Том 4. Карусель; Тройка, семёрка, туз…; Маршал сломанной собаки | страница 197
И вот, дрожа под одеяльцем и вглядываясь в физиономию Ленина, профилировавшего как ни в чем не бывало на низко павшей и потерявшей почти все достоинство сотенной бумажке, Герман, к его чести, в последний раз попытался узнать истинную реакцию внутреннего голоса на свое желание расширить сосуды в последний раз, а потом уж попытаться, в последний же раз, восторжествовать над слепым роком игры и похабством случая…
– Что делать?.. Как быть?.. Есть ли вообще на земле и под землей справедливость?.. – периодически вопрошал несчастный.
Но Внуго безмолвствовал.
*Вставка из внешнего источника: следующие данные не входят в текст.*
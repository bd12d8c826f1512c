-- ===== src/Crc/Slicing.antt =====
-- `sbf_crc` reads eight bytes at once; here it is the checksum that feeds the register one byte
-- at a time, each byte by eight single rounds.
use Prim.Native.Nat.{bit_xor}
use neo_gnss_observatory.Base.{ℕ, zero, suc, ◌*◌, ◌/◌, ◌%◌, ◌^◌, ◌<◌, ◌≡◌, refl, sym, ◌∙◌}
use neo_gnss_observatory.Base.{
  ap, ap₂, Bool, true, ◌&&◌, List, [], ◌∷◌, arith, ◌==◌, ==_iff, length,
}
use neo_gnss_observatory.Base.{IsBytes}
use neo_gnss_observatory.Base.Xor.{xor_parts, xor_mul, xor_join, xor_assoc, xor_comm, xor-zero}
use neo_gnss_observatory.Base.Xor.{zero-xor, xor-lt}
use neo_gnss_observatory.Crc.{sbf_round, sbf_rounds, sbf_table, sbf_tail}
use neo_gnss_observatory.Crc.Linear.{sbf_rounds-xor, sbf_rounds-lt}

-- The register after one byte.
abbrev pub take_byte : ℕ → ℕ → ℕ
take_byte c b = sbf_rounds 8 (bit_xor c (b * 256))

abbrev pub bytewise : ℕ → List ℕ → ℕ
bytewise c [] = c
bytewise c (b ∷ bs) = bytewise (take_byte c b) bs

-- The register after `n` zero bytes.
pub zeros : ℕ → ℕ → ℕ
zeros zero c = c
zeros (suc n) c = zeros n (sbf_rounds 8 c)

zeros-xor : (n c d : ℕ) → zeros n (bit_xor c d) ≡ bit_xor (zeros n c) (zeros n d)
unfolding zeros
zeros-xor zero c d = refl
zeros-xor (suc n) c d = rw (sbf_rounds-xor 8 c d) (zeros-xor n (sbf_rounds 8 c) (sbf_rounds 8 d))

zeros_last : (n c : ℕ) → zeros (suc n) c ≡ sbf_rounds 8 (zeros n c)
unfolding zeros
zeros_last zero c = refl
zeros_last (suc n) c = zeros_last n (sbf_rounds 8 c)

every_below : ℕ → (ℕ → Bool) → Bool
every_below zero p = true
every_below (suc n) p = p n && every_below n p

every_below_sound : (n : ℕ) (p : ℕ → Bool) (x : ℕ) → every_below n p ≡ true → x < n → p x ≡ true
unfolding every_below
every_below_sound zero p x h l = absurd (omega arith)
every_below_sound (suc n) p x h l = ground (arith, every_below_sound n p x)

low_byte_table : every_below 256 (λ x. sbf_rounds 8 x == x * 256) ≡ true
unfolding every_below sbf_rounds sbf_round
low_byte_table = refl

-- Eight rounds move the low byte up and meet no feedback.
sbf_rounds-low : (x : ℕ) → x < 256 → sbf_rounds 8 x ≡ x * 256
sbf_rounds-low x h = (==_iff _ _).0 (every_below_sound 256 _ x low_byte_table h)

split_byte : (c : ℕ) → bit_xor (c / 256 * 256) (c % 256) ≡ c
split_byte c = omega (arith, xor_join 8 (c / 256) (c % 256) (omega arith))

-- What a byte does to the register, by its high and its low byte.
take_byte_parts :
    (c b : ℕ) → take_byte c b ≡ bit_xor (sbf_rounds 8 (bit_xor (c / 256) b * 256)) (c % 256 * 256)
take_byte_parts c b =
    let lo : sbf_rounds 8 (c % 256) ≡ c % 256 * 256 = sbf_rounds-low (c % 256) (omega arith) in
    let regroup : bit_xor c (b * 256) ≡ bit_xor (bit_xor (c / 256) b * 256) (c % 256) = cc (
      split_byte c,
      xor_mul 8 (c / 256) b,
      xor_assoc (c / 256 * 256) (c % 256) (b * 256),
      xor_assoc (c / 256 * 256) (b * 256) (c % 256),
      xor_comm (c % 256) (b * 256),
    ) in
    ap (sbf_rounds 8) regroup ∙ sbf_rounds-xor 8 _ _ ∙ ap (bit_xor _) lo

table_step : ℕ → ℕ → ℕ
table_step c x = bit_xor (c * 256) (sbf_rounds 8 (x * 256 % 2 ^ 16)) % 2 ^ 16

table_step_lem :
    (c b : ℕ) → c < 2 ^ 16 → b < 256 → table_step c (bit_xor (c / 256) b) ≡ take_byte c b
unfolding table_step
table_step_lem c b hc hb =
    let x = bit_xor (c / 256) b in
    let small : x < 256 = xor-lt 8 (c / 256) b (omega arith) hb in
    let a : x * 256 % 2 ^ 16 ≡ x * 256 = omega arith in
    let top : c * 256 % 2 ^ 16 ≡ c % 256 * 256 = omega arith in
    let fits : sbf_rounds 8 (x * 256) < 2 ^ 16 = sbf_rounds-lt 8 (x * 256) (omega arith) in
    let keep : sbf_rounds 8 (x * 256) % 2 ^ 16 ≡ sbf_rounds 8 (x * 256) = omega arith in
    rw a (
      (xor_parts 16 (c * 256) (sbf_rounds 8 (x * 256))).1
      ∙ ap₂ bit_xor top keep
      ∙ xor_comm _ _
      ∙ sym (take_byte_parts c b))

zeros-lt : (n c : ℕ) → c < 2 ^ 16 → zeros n c < 2 ^ 16
unfolding zeros
zeros-lt zero c h = h
zeros-lt (suc n) c h = zeros-lt n (sbf_rounds 8 c) (sbf_rounds-lt 8 c h)

table_step-zero : (c : ℕ) → c < 2 ^ 16 → table_step c (c / 256) ≡ sbf_rounds 8 c
table_step-zero c h =
    ap (table_step c) (sym (xor-zero (c / 256)))
    ∙ table_step_lem c 0 h (omega arith)
    ∙ ap (sbf_rounds 8) (xor-zero c)

sbf_table-zero : (i : ℕ) → sbf_table 0 i ≡ sbf_rounds 8 (i * 256 % 2 ^ 16)
unfolding sbf_table
sbf_table-zero i = refl

sbf_table-suc : (k i : ℕ) → sbf_table (suc k) i ≡ table_step (sbf_table k i) (sbf_table k i / 256)
unfolding sbf_table table_step
sbf_table-suc k i = refl

-- `table[k][i]` is the register after the byte `i` and `k` zero bytes.
sbf_table_lem : (k i : ℕ) → i < 256 → sbf_table k i ≡ zeros (suc k) (i * 256)
sbf_table_lem zero i h =
    let e : i * 256 % 2 ^ 16 ≡ i * 256 = omega arith in
    sbf_table-zero i ∙ ap (sbf_rounds 8) e ∙ unfold zeros in refl
sbf_table_lem (suc k) i h =
    sbf_table-suc k i
    ∙ ap (λ v. table_step v (v / 256)) (sbf_table_lem k i h)
    ∙ table_step-zero (zeros (suc k) (i * 256)) (zeros-lt (suc k) (i * 256) (omega arith))
    ∙ sym (zeros_last (suc k) (i * 256))

tail_byte :
    (c b : ℕ)
    → c < 2 ^ 16
    → b < 256
    → bit_xor (c * 256) (sbf_table 0 (bit_xor (c / 256) b)) % 2 ^ 16 ≡ take_byte c b
tail_byte c b hc hb =
    rw (sbf_table-zero (bit_xor (c / 256) b)) (unfold table_step in table_step_lem c b hc hb)

-- A take_byte always leaves sixteen bits.
pub take_byte-lt : (c b : ℕ) → c < 2 ^ 16 → b < 256 → take_byte c b < 2 ^ 16
take_byte-lt c b hc hb =
    sbf_rounds-lt 8 (bit_xor c (b * 256)) (xor-lt 16 c (b * 256) hc (omega arith))

-- The loop that ends `sbf_crc` is the byte at a time checksum.
pub sbf_tail-bytewise :
    (bs : List ℕ) (c : ℕ) → c < 2 ^ 16 → IsBytes bs → sbf_tail c bs ≡ bytewise c bs
sbf_tail-bytewise [] c h v = unfold sbf_tail in refl
sbf_tail-bytewise (b ∷ bs) c h v =
    sbf_tail_cons
    ∙ ap (λ t. sbf_tail t bs) (tail_byte c b h v.0)
    ∙ sbf_tail-bytewise bs (take_byte c b) (take_byte-lt c b h v.0) v.1
  where
    sbf_tail_cons :
        sbf_tail c (b ∷ bs)
        ≡ sbf_tail (bit_xor (c * 256) (sbf_table 0 (bit_xor (c / 256) b)) % 2 ^ 16) bs
    sbf_tail_cons = unfold sbf_tail in refl

-- The register's old value and the bytes that are read add up.
pub bytewise_split :
    (bs : List ℕ) (c : ℕ) → bytewise c bs ≡ bit_xor (zeros (length bs) c) (bytewise 0 bs)
bytewise_split [] c = sym (xor-zero c) ∙ unfold zeros in refl
bytewise_split (b ∷ bs) c =
    let n = length bs in
    let z = zeros n in
    let apart : take_byte c b ≡ bit_xor (sbf_rounds 8 c) (sbf_rounds 8 (b * 256)) =
      sbf_rounds-xor 8 c (b * 256) in
    let alone : take_byte 0 b ≡ sbf_rounds 8 (b * 256) = ap (sbf_rounds 8) (zero-xor (b * 256)) in
    let here = bytewise_split bs (take_byte c b) in
    let there = bytewise_split bs (take_byte 0 b) in
    here
    ∙ ap (λ t. bit_xor (z t) (bytewise 0 bs)) apart
    ∙ ap (λ t. bit_xor t (bytewise 0 bs)) (zeros-xor n (sbf_rounds 8 c) (sbf_rounds 8 (b * 256)))
    ∙ xor_assoc (z (sbf_rounds 8 c)) (z (sbf_rounds 8 (b * 256))) (bytewise 0 bs)
    ∙ ap (bit_xor (z (sbf_rounds 8 c)))
        (sym (there ∙ ap (λ t. bit_xor (z t) (bytewise 0 bs)) alone))
    ∙ unfold zeros in refl

pub bytewise-cons :
    (b : ℕ) (bs : List ℕ)
    → b < 256
    → bytewise 0 (b ∷ bs) ≡ bit_xor (sbf_table (length bs) b) (bytewise 0 bs)
bytewise-cons b bs h =
    let alone : take_byte 0 b ≡ sbf_rounds 8 (b * 256) = ap (sbf_rounds 8) (zero-xor (b * 256)) in
    bytewise_split bs (take_byte 0 b)
    ∙ ap (λ t. bit_xor (zeros (length bs) t) (bytewise 0 bs)) alone
    ∙ ap (λ t. bit_xor t (bytewise 0 bs))
        (sym (sbf_table_lem (length bs) b h ∙ unfold zeros in refl))

-- The two bytes of the old register meet the first two bytes that are read.
pub first_byte :
    (c b : ℕ) (bs : List ℕ)
    → c < 2 ^ 16
    → b < 256
    → zeros (suc (length bs)) (take_byte c b)
      ≡ bit_xor
          (sbf_table (suc (length bs)) (bit_xor b (c / 256)))
          (sbf_table (length bs) (c % 256))
first_byte c b bs hc hb =
    let n = length bs in
    let x = bit_xor (c / 256) b in
    let small : x < 256 = xor-lt 8 (c / 256) b (omega arith) hb in
    ap (zeros (suc n)) (take_byte_parts c b)
    ∙ zeros-xor (suc n) (sbf_rounds 8 (x * 256)) (c % 256 * 256)
    ∙ ap₂ bit_xor
        (sym (
          ap (sbf_table (suc n)) (xor_comm b (c / 256))
          ∙ sbf_table_lem (suc n) x small
          ∙ unfold zeros in refl))
        (sym (sbf_table_lem n (c % 256) (omega arith)))

pub sbf_table-xor :
    (k x y : ℕ)
    → x < 256
    → y < 256
    → sbf_table k (bit_xor x y) ≡ bit_xor (sbf_table k x) (sbf_table k y)
sbf_table-xor k x y hx hy =
    sbf_table_lem k (bit_xor x y) (xor-lt 8 x y hx hy)
    ∙ ap (zeros (suc k)) (sym (xor_mul 8 x y))
    ∙ zeros-xor (suc k) (x * 256) (y * 256)
    ∙ sym (ap₂ bit_xor (sbf_table_lem k x hx) (sbf_table_lem k y hy))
Ни эха не доносилось до душевного слуха Германа из всего того положительного, что вот уж целых четыре месяца внушал ему Внуго на квартире дядиной тещи.
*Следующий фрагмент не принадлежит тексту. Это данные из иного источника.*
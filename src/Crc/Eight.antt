-- ===== src/Crc/Eight.antt =====
-- The body of the sliced loop of `sbf_crc`, and the whole checksum.
use Prim.Native.Nat.{bit_xor}
use neo_gnss_observatory.Base.{ℕ, suc, ◌/◌, ◌%◌, ◌^◌, ◌<◌, ◌≡◌, refl, sym, ◌∙◌, ap, ap₂}
use neo_gnss_observatory.Base.{List, [], ◌∷◌, arith, IsBytes, length}
use neo_gnss_observatory.Base.Xor.{xor_assoc, xor_comm, xor-zero}
use neo_gnss_observatory.Crc.{sbf_table, sbf_sliced, sbf_loop, sbf_crc}
use neo_gnss_observatory.Crc.Slicing.{
  bytewise, take_byte, take_byte-lt, bytewise_split, bytewise-cons, first_byte, sbf_table-xor,
  sbf_tail-bytewise,
}

-- One table entry for each byte, by the number of bytes behind it.
tables : List ℕ → ℕ
tables [] = 0
tables (b ∷ bs) = bit_xor (sbf_table (length bs) b) (tables bs)

tables-cons :
    (b : ℕ) (bs : List ℕ) → tables (b ∷ bs) ≡ bit_xor (sbf_table (length bs) b) (tables bs)
unfolding tables
tables-cons b bs = refl

bytewise-tables : (bs : List ℕ) → IsBytes bs → bytewise 0 bs ≡ tables bs
unfolding tables
bytewise-tables [] h = refl
bytewise-tables (b ∷ bs) h =
    bytewise-cons b bs h.0 ∙ ap (bit_xor (sbf_table (length bs) b)) (bytewise-tables bs h.1)

-- Two bytes or more: the old register is spread over the first two tables.
bytewise_two :
    (c b0 b1 : ℕ) (bs : List ℕ)
    → c < 2 ^ 16
    → IsBytes (b0 ∷ b1 ∷ bs)
    → bytewise c (b0 ∷ b1 ∷ bs)
      ≡ bit_xor
          (bit_xor
            (sbf_table (suc (length bs)) (bit_xor b0 (c / 256)))
            (sbf_table (length bs) (bit_xor b1 (c % 256))))
          (tables bs)
bytewise_two c b0 b1 bs hc h =
    let n = length bs in
    let a = sbf_table (suc n) (bit_xor b0 (c / 256)) in
    let l = sbf_table n (c % 256) in
    let m = sbf_table n b1 in
    let join : sbf_table n (bit_xor b1 (c % 256)) ≡ bit_xor m l =
      sbf_table-xor n b1 (c % 256) h.1.0 (omega arith) in
    bytewise_split (b1 ∷ bs) (take_byte c b0)
    ∙ ap₂ bit_xor (first_byte c b0 bs hc h.0) (bytewise-tables (b1 ∷ bs) h.1 ∙ tables-cons b1 bs)
    ∙ sym (xor_assoc (bit_xor a l) m (tables bs))
    ∙ ap (λ t. bit_xor t (tables bs)) (xor_assoc a l m ∙ ap (bit_xor a) (xor_comm l m ∙ sym join))

-- The source adds the entries up from the left.
sum_six :
    (x t5 t4 t3 t2 t1 t0 : ℕ)
    → bit_xor x (bit_xor t5 (bit_xor t4 (bit_xor t3 (bit_xor t2 (bit_xor t1 (bit_xor t0 0))))))
      ≡ bit_xor (bit_xor (bit_xor (bit_xor (bit_xor (bit_xor x t5) t4) t3) t2) t1) t0
sum_six x t5 t4 t3 t2 t1 t0 = simp (xor-zero, xor_assoc)

bytewise-lt : (bs : List ℕ) (c : ℕ) → c < 2 ^ 16 → IsBytes bs → bytewise c bs < 2 ^ 16
bytewise-lt [] c h v = h
bytewise-lt (b ∷ bs) c h v = bytewise-lt bs (take_byte c b) (take_byte-lt c b h v.0) v.1

tables_six :
    (x b2 b3 b4 b5 b6 b7 : ℕ)
    → bit_xor x (tables (b2 ∷ b3 ∷ b4 ∷ b5 ∷ b6 ∷ b7 ∷ []))
      ≡ bit_xor
          (bit_xor
            (bit_xor
              (bit_xor (bit_xor (bit_xor x (sbf_table 5 b2)) (sbf_table 4 b3)) (sbf_table 3 b4))
              (sbf_table 2 b5))
            (sbf_table 1 b6))
          (sbf_table 0 b7)
unfolding tables
tables_six x b2 b3 b4 b5 b6 b7 = sum_six _ _ _ _ _ _ _

sbf_loop_round :
    (c b0 b1 b2 b3 b4 b5 b6 b7 : ℕ) (bs : List ℕ)
    → sbf_loop c (b0 ∷ b1 ∷ b2 ∷ b3 ∷ b4 ∷ b5 ∷ b6 ∷ b7 ∷ bs)
      ≡ sbf_loop (sbf_sliced c b0 b1 b2 b3 b4 b5 b6 b7) bs
unfolding sbf_loop
sbf_loop_round c b0 b1 b2 b3 b4 b5 b6 b7 bs = refl

sbf_sliced_sum :
    (c b0 b1 b2 b3 b4 b5 b6 b7 : ℕ)
    → sbf_sliced c b0 b1 b2 b3 b4 b5 b6 b7
      ≡ bit_xor
          (bit_xor (sbf_table 7 (bit_xor b0 (c / 256))) (sbf_table 6 (bit_xor b1 (c % 256))))
          (tables (b2 ∷ b3 ∷ b4 ∷ b5 ∷ b6 ∷ b7 ∷ []))
sbf_sliced_sum c b0 b1 b2 b3 b4 b5 b6 b7 = opened ∙ sym (tables_six _ b2 b3 b4 b5 b6 b7)
  where
    x : ℕ
    x = bit_xor (sbf_table 7 (bit_xor b0 (c / 256))) (sbf_table 6 (bit_xor b1 (c % 256)))

    opened :
        sbf_sliced c b0 b1 b2 b3 b4 b5 b6 b7
        ≡ bit_xor
            (bit_xor
              (bit_xor
                (bit_xor (bit_xor (bit_xor x (sbf_table 5 b2)) (sbf_table 4 b3)) (sbf_table 3 b4))
                (sbf_table 2 b5))
              (sbf_table 1 b6))
            (sbf_table 0 b7)
    opened = unfold sbf_sliced in refl

-- One round of the sliced loop is eight bytes of the plain one.
sliced_round :
    (c b0 b1 b2 b3 b4 b5 b6 b7 : ℕ) (bs : List ℕ)
    → c < 2 ^ 16
    → IsBytes (b0 ∷ b1 ∷ b2 ∷ b3 ∷ b4 ∷ b5 ∷ b6 ∷ b7 ∷ [])
    → sbf_loop c (b0 ∷ b1 ∷ b2 ∷ b3 ∷ b4 ∷ b5 ∷ b6 ∷ b7 ∷ bs)
      ≡ sbf_loop (bytewise c (b0 ∷ b1 ∷ b2 ∷ b3 ∷ b4 ∷ b5 ∷ b6 ∷ b7 ∷ [])) bs
sliced_round c b0 b1 b2 b3 b4 b5 b6 b7 bs h v =
    sbf_loop_round c b0 b1 b2 b3 b4 b5 b6 b7 bs
    ∙ ap (λ t. sbf_loop t bs)
        (sbf_sliced_sum c b0 b1 b2 b3 b4 b5 b6 b7
          ∙ sym (bytewise_two c b0 b1 (b2 ∷ b3 ∷ b4 ∷ b5 ∷ b6 ∷ b7 ∷ []) h v))

-- The sliced loop, on any register and any number of bytes.
sbf_loop-bytewise : (bs : List ℕ) (c : ℕ) → c < 2 ^ 16 → IsBytes bs → sbf_loop c bs ≡ bytewise c bs
sbf_loop-bytewise [] c h v = unfold sbf_loop in refl
sbf_loop-bytewise (b0 ∷ []) c h v = unfold sbf_loop in sbf_tail-bytewise (b0 ∷ []) c h v
sbf_loop-bytewise (b0 ∷ b1 ∷ []) c h v = unfold sbf_loop in sbf_tail-bytewise (b0 ∷ b1 ∷ []) c h v
sbf_loop-bytewise (b0 ∷ b1 ∷ b2 ∷ []) c h v =
    unfold sbf_loop in sbf_tail-bytewise (b0 ∷ b1 ∷ b2 ∷ []) c h v
sbf_loop-bytewise (b0 ∷ b1 ∷ b2 ∷ b3 ∷ []) c h v =
    unfold sbf_loop in sbf_tail-bytewise (b0 ∷ b1 ∷ b2 ∷ b3 ∷ []) c h v
sbf_loop-bytewise (b0 ∷ b1 ∷ b2 ∷ b3 ∷ b4 ∷ []) c h v =
    unfold sbf_loop in sbf_tail-bytewise (b0 ∷ b1 ∷ b2 ∷ b3 ∷ b4 ∷ []) c h v
sbf_loop-bytewise (b0 ∷ b1 ∷ b2 ∷ b3 ∷ b4 ∷ b5 ∷ []) c h v =
    unfold sbf_loop in sbf_tail-bytewise (b0 ∷ b1 ∷ b2 ∷ b3 ∷ b4 ∷ b5 ∷ []) c h v
sbf_loop-bytewise (b0 ∷ b1 ∷ b2 ∷ b3 ∷ b4 ∷ b5 ∷ b6 ∷ []) c h v =
    unfold sbf_loop in sbf_tail-bytewise (b0 ∷ b1 ∷ b2 ∷ b3 ∷ b4 ∷ b5 ∷ b6 ∷ []) c h v
sbf_loop-bytewise (b0 ∷ b1 ∷ b2 ∷ b3 ∷ b4 ∷ b5 ∷ b6 ∷ b7 ∷ bs) c h v =
    sliced_round c b0 b1 b2 b3 b4 b5 b6 b7 bs h eight
    ∙ sbf_loop-bytewise bs (bytewise c (b0 ∷ b1 ∷ b2 ∷ b3 ∷ b4 ∷ b5 ∷ b6 ∷ b7 ∷ []))
        (bytewise-lt (b0 ∷ b1 ∷ b2 ∷ b3 ∷ b4 ∷ b5 ∷ b6 ∷ b7 ∷ []) c h eight) v.1.1.1.1.1.1.1.1
  where
    eight : IsBytes (b0 ∷ b1 ∷ b2 ∷ b3 ∷ b4 ∷ b5 ∷ b6 ∷ b7 ∷ [])
    eight = (
      v.0,
      (
        v.1.0,
        (
          v.1.1.0,
          (v.1.1.1.0, (v.1.1.1.1.0, (v.1.1.1.1.1.0, (v.1.1.1.1.1.1.0, (v.1.1.1.1.1.1.1.0, tt))))),
        ),
      ),
    )

pub sbf_crc-bytewise : (bs : List ℕ) → IsBytes bs → sbf_crc bs ≡ bytewise 0 bs
unfolding sbf_crc
sbf_crc-bytewise bs h = sbf_loop-bytewise bs 0 (omega arith) h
И только тогда и исключительно для того, чтобы страдать поистине возвышенно- страдать, так сказать, страданием чистой воды, – пропил он и просадил новым своим знакомым партийные «деревянные миллионы» и огромные пожертвования шахтеров на дирижабль…
5
По всему поэтому, очухавшись часов в пять утра 23 декабря в квартире тещи дяди-парторга, Герман принял решение резко порвать все связи с поганой личной жизнью на земле и под землей.
От беспробудного пьянства сосуды всего его грешного организма, особенно сосуды мозга, сузились настолько, что он никак не мог вспомнить, куда девал загашник с остатками доверенных ему сумм.
Никогда не ведая, где он заснет или же завалится, Герман не оставлял при своем спящем теле карманных денег, поскольку тело его спало богатырским сном даже в трезвом виде, а в виде прилично поддатом не раз бывало оно ограблено какой-нибудь проказой нового типа.
У него было обыкновение записывать на одной из недоступных постороннему, мародерскому взгляду частей тела короткий, но выразительный код, с помощью которого он, очухавшись, добирался утром до спасительно притыренного загашника.
А поскольку притыривал он денежки в самых неожиданных для себя местах и, продрав глаза, не в силах был эти места вспомнить, то случайное смытие, скажем, с ладони слов «холодильник ячневая каша» могло привести к драматическим последствиям для его социального и психофизиологического положения.
Однажды крайне пылкая особа сделала ему такой продолжительный поцелуй типа «засос», что смыла им с левого плеча слово «патефон», в трубу которого он притырил остатки отпускных денег.
Утром, естественно, ему пришлось пережить драму мучительного сомнения в бытовой порядочности своей случайной подруги и в самом себе. То есть он просто не помнил, притырил ли бабки или их у него вновь слямзили под покровом бурной ночи? Тем более подруга эта подозрительно часто в ту ночь куда-то, если выражаться предельно точно, из-под него отлучалась.